AFCEE has continued to gain respect for its services over the years, Mr. Cole said.

"What AFCEE has done in Iraq and Afghanistan is really outstanding and I think Paul Parker (AFCEE's fourth director) deserves a lot of credit for his leadership at that time," he said. "I think if we had not had the types of people we had, and the types of disciplines that were there, we wouldn't have been able to have taken on that mission which has been really successful in supporting the troops in those locations. I think that was a major milestone in the evolvement of AFCEE."

Mr. Cole said he was particularly pleased when Terry Edwards was chosen as AFCEE's sixth director last year.

"They (AFCEE) have a director that has grown up with AFCEE, knows the AFCEE mission and fully understands how critical the organization is to the success of the Air Force," he said. "Our (AFCEE's) mission is to support the major commands and the Air Force. We don't have a mission of our own. Our mission was, and is, in support of theirs. AFCEE has been lucky in selecting directors that have maintained that same philosophy that AFCEE is there only to serve."

AFCEE's support mission, which continues to expand, is a marker of success and an acknowledgement of the agency's reputation for excellence, Mr. Cole said.
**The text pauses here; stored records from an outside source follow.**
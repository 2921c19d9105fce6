-- ===== src/Table/Delete.antt =====
-- Deletion: by key, by pointer, and what both do to the keys that stay.
use memory_profiler.Base.{
  ℕ, ◌+◌, ◌-◌, ◌%◌, ◌^◌, ◌<◌, ◌≡◌, refl, sym, ◌∙◌, ◌⊎◌, inl, inr, none, some, arith, ◌==◌,
  if◌then◌else◌, subst, set,
}
use mathlib.Core.Path.{subst₂}
use memory_profiler.Ruby.{Ruby}
use memory_profiler.Table.Layout.{Entry, Table, object_at, tombstone}
use memory_profiler.Table.Probing.{find_entry}
use memory_profiler.Table.Operations.{bury, delete, delete_entry, lookup}
use memory_profiler.Table.Slots.{scan, scan-set, scan-none}
use memory_profiler.Table.Holds.{IsLive, Holds, IsValid, bury-Holds, live_pos}
use memory_profiler.Table.Lookup.{find_entry_lem}

module _ ⦃rb : Ruby⦄ {t : Table} (v : IsValid t) where
  -- The table without the key `k`, which was there if `n` is 1.
  pub record Removes (k n : ℕ) (r : Table) : Type 0 where
    pub valid : IsValid r
    pub counted : r.count + n ≡ t.count
    pub used : r.count + r.tombstones ≡ t.count + t.tombstones
    pub reads : (q : ℕ) → IsLive q → scan q r.entries ≡ (if q == k then none else scan q t.entries)

  pub bury-Removes :
      (i : ℕ)
      → i < t.capacity
      → IsLive (object_at t.entries i)
      → Removes (object_at t.entries i) 1 (bury t i)
  bury-Removes i lt ok =
      let e : Entry = record { object = tombstone; klass = 0; data_value = 0 } in
      let pos = live_pos v i lt ok in
      let less : (t.count + (2 ^ 64 - 1)) % 2 ^ 64 ≡ t.count - 1 =
        omega (arith, v.counted, v.fits) in
      let more : (t.tombstones + 1) % 2 ^ 64 ≡ t.tombstones + 1 =
        omega (arith, v.counted, v.fits) in
      let h = bury-Holds v i lt e ok refl in
      record {
        valid = subst₂ (λ a b. Holds t.capacity a b (set t.entries i e)) (sym less) (sym more) h;
        counted = omega arith;
        used = omega arith;
        reads = λ q ql.
            scan-set q t.entries i e (omega (arith, v.width)) (v.once q ql) (h.once q ql)
            ∙ ground (arith, ql.1);
      }

  module _ (k : ℕ) (ok : IsLive k) where
    -- On a well-formed table: `delete` removes the key, subtracts one from the count, changes no other
    -- lookup and keeps the table well formed; or the key is absent and the table is unchanged.
    pub delete-Removes : ((scan k t.entries ≡ none) × (delete t k ≡ t)) ⊎ Removes k 1 (delete t k)
    unfolding delete
    delete-Removes = elim (find_entry_lem v k ok) [
      | inr (missed, absent) ↦ inl (scan-none k t.entries absent, rw missed)
      | inl (found, lt, at) ↦
          let i = (find_entry t.entries t.capacity k).0 in
          inr (
            rw found (
              subst (λ q. Removes q 1 (bury t i)) at
                (bury-Removes i lt (subst IsLive (sym at) ok))))
    ]

    -- On a well-formed table, deleting by the pointer that `lookup` returned for a live key does what
    -- deleting by that key does.
    pub delete_entry-eq-delete : (i : ℕ) → lookup t k ≡ some i → delete_entry t i ≡ delete t k
    unfolding delete delete_entry lookup
    delete_entry-eq-delete i e = ground (arith, find_entry_lem v k ok, ok.0, ok.1)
"I think a lot of people in the Air Force have discovered that AFCEE is a critical function," he said. "It has tremendous talent and great flexibility in being able to respond to different mission requirements. The fact that it has lasted 20 years shows that the foundation that was set up was the right one. The attitudes were the right ones. And those have been carried forward in such a way that the organization still exists, it's still growing and is taking on new Air Force missions."

Mr. Cole retired from AFCEE and federal service in 1993 and moved to Huntsville, Texas, where he still resides. True to his entrepreneurial spirit, in retirement he took on a start-up project with the state of Texas to increase the size of the Texas prison system. He said they doubled it in just over two years, and were "written up in about every design and construction magazine that existed at that time."
 
After completing the prison system work, he began a consulting business which he continues today.

He said he also keeps himself busy as an avid golfer playing 18-holes of golf four days per week. Additionally, he plays in a bowling league and is a substitute Sunday school teacher. He said he keeps in touch with AFCEE friends he has made over the years.

"I lost the love of my life, my wife of 54 years ... it will be two years in October," he said. "Life has been different since I lost Nedra, but life is still good."